As IT organizations move towards an agile way of functioning, it is natural that teams undergo a major learning curve to understand and adapt to agile principles. It is also natural at this stage that teams lose focus on the “things that matter” to the top and bottom lines of the organization as their focus is more on adjusting and settling down in the new way of working. It is at this juncture that a set of “good metrics” would help teams navigate in the right direction. It is worthwhile to note that the standard agile tools like JIRA, Git, Jenkins, etc., provide a standard set of metrics. Teams should consider these as a starting point and continue to define further metrics that make sense to their team as well as the organization that they are part of. Rather than looking at metrics as a number to beat or something imposed by management, it is important that the teams understand the organization’s objectives and how metrics can help them to continuously improve while meeting the organization’s objectives. This article looks at what should typically be the dimensions on which IT organizations assess and fine tune their team performances and processes and how should the individual teams tailor their metrics to contribute to the overall IT organization goals.

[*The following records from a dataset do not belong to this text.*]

-- ===== src/Connect/Dials.antt =====
-- A dial from its guard to the end of its session: `get_internal_websocket` and `handle_websocket` of
-- src/helpers/get_internal_websocket.rs and `get_outer_websocket` of
-- src/helpers/get_outer_websocket.rs. How the handshake ends, what happens in the session and what its
-- writer meets are arguments. The task that a dropped guard spawns runs at once here; Connect/Flights
-- has it apart.
pub mod Ends
pub mod Failures
use mathlib.Core.Option
use atomic_websocket.Base.{
  ℕ, ◌≡◌, refl, ap, sym, ◌∙◌, Text, Bool, true, false, if◌then◌else◌, if-true, if-false, Option,
  none, some, List, [], ◌∷◌, ◌++◌, arith, is_empty, Bool-cases, inl, inr,
}
use atomic_websocket.Runtime.Channel.{Channel}
use atomic_websocket.Runtime.Database.{Database}
use atomic_websocket.Schema.{Primitives}
use atomic_websocket.Address.{outer_ws_url}
use atomic_websocket.Options.{ClientOptions}
use atomic_websocket.Store.{get_client_id}
use atomic_websocket.Server.Streams.{Pass}
use atomic_websocket.Sender.{SenderStatus, Reply, ServerSender, sx_drop}
use atomic_websocket.Sender
use atomic_websocket.Sender.Persist.{Session, remove_ip_if_valid_server_ip}
use atomic_websocket.Connect.{try_acquire, set_try_connect, reset_try_connect, session_start}
use atomic_websocket.Connect.Stream.{Event, Turn, Stream, reader_start, run, turn_ends}
use atomic_websocket.Connect.Stream.Writer.{write_out}

-- `timeout(.., connect_async(..))`.
pub data Handshake : Type 0 where
  opened refused timed_out : Handshake

abbrev pub fails : Handshake → Bool
fails opened = false
fails _ = true

-- `tungstenite::Result<()>`.
pub data Answer : Type 0 where
  ok err : Answer

abbrev pub is_ok : Answer → Bool
is_ok ok = true
is_ok err = false

module _ (S : Channel SenderStatus) (C : Channel Text) (D : Database) (P : Primitives) where
  -- What a session goes through: the time of its start, its channel and what becomes of the first
  -- ping there, the events behind its start, and the turns of its writer.
  pub record Course : Type 0 where
    pub now : ℕ
    pub sx : ℕ
    pub replies : ℕ → Reply
    pub events : List Event
    pub turns : List Turn

  abbrev pub read_on :
      ClientOptions → Course → Text → Text → Option (Session S C D P) → Option (Session S C D P)
  read_on options c server_ip id none = none
  read_on options c server_ip id (some w) =
      let x =
        run S C D P c.sx server_ip id c.events
          (record { reader = reader_start options; session = w }) in
      some (write_out S C D P c.turns x.session).1

  -- `handle_websocket`, whose guard the caller has acquired. Its answer is always `Ok`; `none` is a
  -- call that hangs in the first ping.
  unfoldable pub handle_websocket :
      (Text → Bool) → Text → ClientOptions → Course → Session S C D P → Option (Session S C D P)
  handle_websocket is_utf8 server_ip options c w =
      read_on options c server_ip (get_client_id D is_utf8 w.db)
        (session_start S C D P c.now c.replies is_utf8 c.sx server_ip options w)

  abbrev pub give_up : Session S C D P → Session S C D P
  give_up w = reset_try_connect S C D P (remove_ip_if_valid_server_ip S C D P w)

  abbrev pub dialed_internal :
      Handshake
      → (Session S C D P → Option (Session S C D P))
      → Session S C D P
      → Option (Answer × Session S C D P)
  dialed_internal opened handle w = Option.map (λ w'. (ok, w')) (handle w)
  dialed_internal refused handle w = some (ok, give_up w)
  dialed_internal timed_out handle w = some (ok, give_up w)

  abbrev pub acquired_internal :
      Handshake
      → (Session S C D P → Option (Session S C D P))
      → Session S C D P
      → Option (Session S C D P)
      → Option (Answer × Session S C D P)
  acquired_internal shake handle w none = some (ok, w)
  acquired_internal shake handle w (some w') = dialed_internal shake handle w'

  unfoldable pub get_internal_websocket :
      (Text → Bool)
      → Handshake
      → Course
      → Text
      → ClientOptions
      → Session S C D P
      → Option (Answer × Session S C D P)
  get_internal_websocket is_utf8 shake c server_ip options w =
      acquired_internal shake (handle_websocket is_utf8 server_ip options c) w
        (try_acquire S C D P w)

  abbrev pub wrapped : Option (Answer × Session S C D P) → Option (Bool × Session S C D P)
  wrapped = Option.map (λ r. (is_ok r.0, r.1))

  unfoldable pub wrap_get_internal_websocket :
      (Text → Bool)
      → Handshake
      → Course
      → Text
      → ClientOptions
      → Session S C D P
      → Option (Bool × Session S C D P)
  wrap_get_internal_websocket is_utf8 shake c server_ip options w =
      wrapped (get_internal_websocket is_utf8 shake c server_ip options w)

  abbrev pub dialed_outer :
      Handshake
      → (Session S C D P → Option (Session S C D P))
      → Session S C D P
      → Option (Answer × Session S C D P)
  dialed_outer opened handle w = Option.map (λ w'. (ok, w')) (handle w)
  dialed_outer refused handle w = some (ok, reset_try_connect S C D P w)
  dialed_outer timed_out handle w = some (ok, reset_try_connect S C D P w)

  abbrev pub acquired_outer :
      Handshake
      → (Session S C D P → Option (Session S C D P))
      → Session S C D P
      → Option (Session S C D P)
      → Option (Answer × Session S C D P)
  acquired_outer shake handle w none = some (ok, w)
  acquired_outer shake handle w (some w') = dialed_outer shake handle w'

  -- The flag is the `rustls` feature: the two versions differ in the URL and in how it is dialed.
  unfoldable pub get_outer_websocket :
      Bool
      → (Text → Bool)
      → Handshake
      → Course
      → ClientOptions
      → Session S C D P
      → Option (Answer × Session S C D P)
  get_outer_websocket rustls is_utf8 shake c options w =
      acquired_outer shake (handle_websocket is_utf8 (outer_ws_url rustls options.url) options c) w
        (try_acquire S C D P w)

Factors that are critical for the success of organizations of any nature or size are productivity, agility, predictability of the outcomes, quality of the work, and the happiness of the teams.

An IT organisation should focus on the following dimensions so that it is able to support the business, mission and vision of the organization.

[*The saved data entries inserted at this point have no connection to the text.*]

-- ===== src/Sender/Inbox.antt =====
-- What the client's sender in src/helpers/server_sender.rs leaves alone while it sends and reports:
-- the messages that wait for the application, and the options.
use atomic_websocket.Base.{ℕ, ◌≡◌, refl, subst, Text, Option, none, some, arith}
use atomic_websocket.Runtime.Channel.{Channel, TrySend, sent, full, closed}
use atomic_websocket.Message.{Outgoing}
use atomic_websocket.Sender.{
  Reply, SenderStatus, Report, ServerSender, send_status, after_status, notify, report, finish,
  send_on, send,
}

module _ (S : Channel SenderStatus) (C : Channel Text) where
  -- The two senders agree on the messages for the application and on the options.
  pub record SameInbox (s t : ServerSender S C) : Type 0 where
    pub buffers : t.buffers ≡ s.buffers
    pub options : t.options ≡ s.options

  after_status-SameInbox :
      (r : TrySend × S.Chan) (s : ServerSender S C) → SameInbox s (after_status S C r s).1
  after_status-SameInbox (sent, c) s = record { buffers = refl; options = refl }
  after_status-SameInbox (full, c) s = record { buffers = refl; options = refl }
  after_status-SameInbox (closed, c) s = record { buffers = refl; options = refl }

  pub notify-SameInbox :
      (status : SenderStatus) (s : ServerSender S C) → SameInbox s (notify S C status s)
  unfolding send_status notify
  notify-SameInbox status s = after_status-SameInbox (S.try_send s.status_tx status) s

  report-SameInbox :
      (sx : ℕ) (m : Outgoing) (r : Report) (s : ServerSender S C)
      → SameInbox s (report S C sx m r s)
  report-SameInbox sx m r s = record { buffers = ground arith; options = ground arith }

  some-SameInbox : (s t u : ServerSender S C) → some t ≡ some u → SameInbox s t → SameInbox s u
  some-SameInbox s t u e f = let same : t ≡ u = cc in subst (SameInbox s) same f

  finish-SameInbox :
      (sx : ℕ) (m : Outgoing) (o : Option Report) (s t : ServerSender S C)
      → finish S C sx m o s ≡ some t
      → SameInbox s t
  finish-SameInbox sx m none s t e = cc
  finish-SameInbox sx m (some r) s t e = some-SameInbox s _ t e (report-SameInbox sx m r s)

  send_on-SameInbox :
      (replies : ℕ → Reply) (m : Outgoing) (o : Option ℕ) (s t : ServerSender S C)
      → send_on S C replies m o s ≡ some t
      → SameInbox s t
  send_on-SameInbox replies m none s t e =
      some-SameInbox s s t e (record { buffers = refl; options = refl })
  send_on-SameInbox replies m (some sx) s t e = finish-SameInbox sx m _ s t e

  pub send-SameInbox :
      (replies : ℕ → Reply) (m : Outgoing) (s t : ServerSender S C)
      → send S C replies m s ≡ some t
      → SameInbox s t
  unfolding send
  send-SameInbox replies m s t e = send_on-SameInbox replies m s.sx s t e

  • Business delivery excellence
  • Operational excellence
  • Technical excellence
  • Innovation
  • Happiness of the teams
  • Financial excellence

While the CEO, CTO, and CIO establish objectives and key results around these dimensions, the various agile teams should establish OKRs at their team level that are aligned with and contribute to the organization level OKRs. Let us further look at what should be measured (metrics) at both an IT organization level and individual team level. At the onset, it is important to note that these metrics should not be used to compare one member against another or one team against another. They should rather be looked at holistically in the right spirit to identify areas of improvement, ultimately leading to truly agile teams.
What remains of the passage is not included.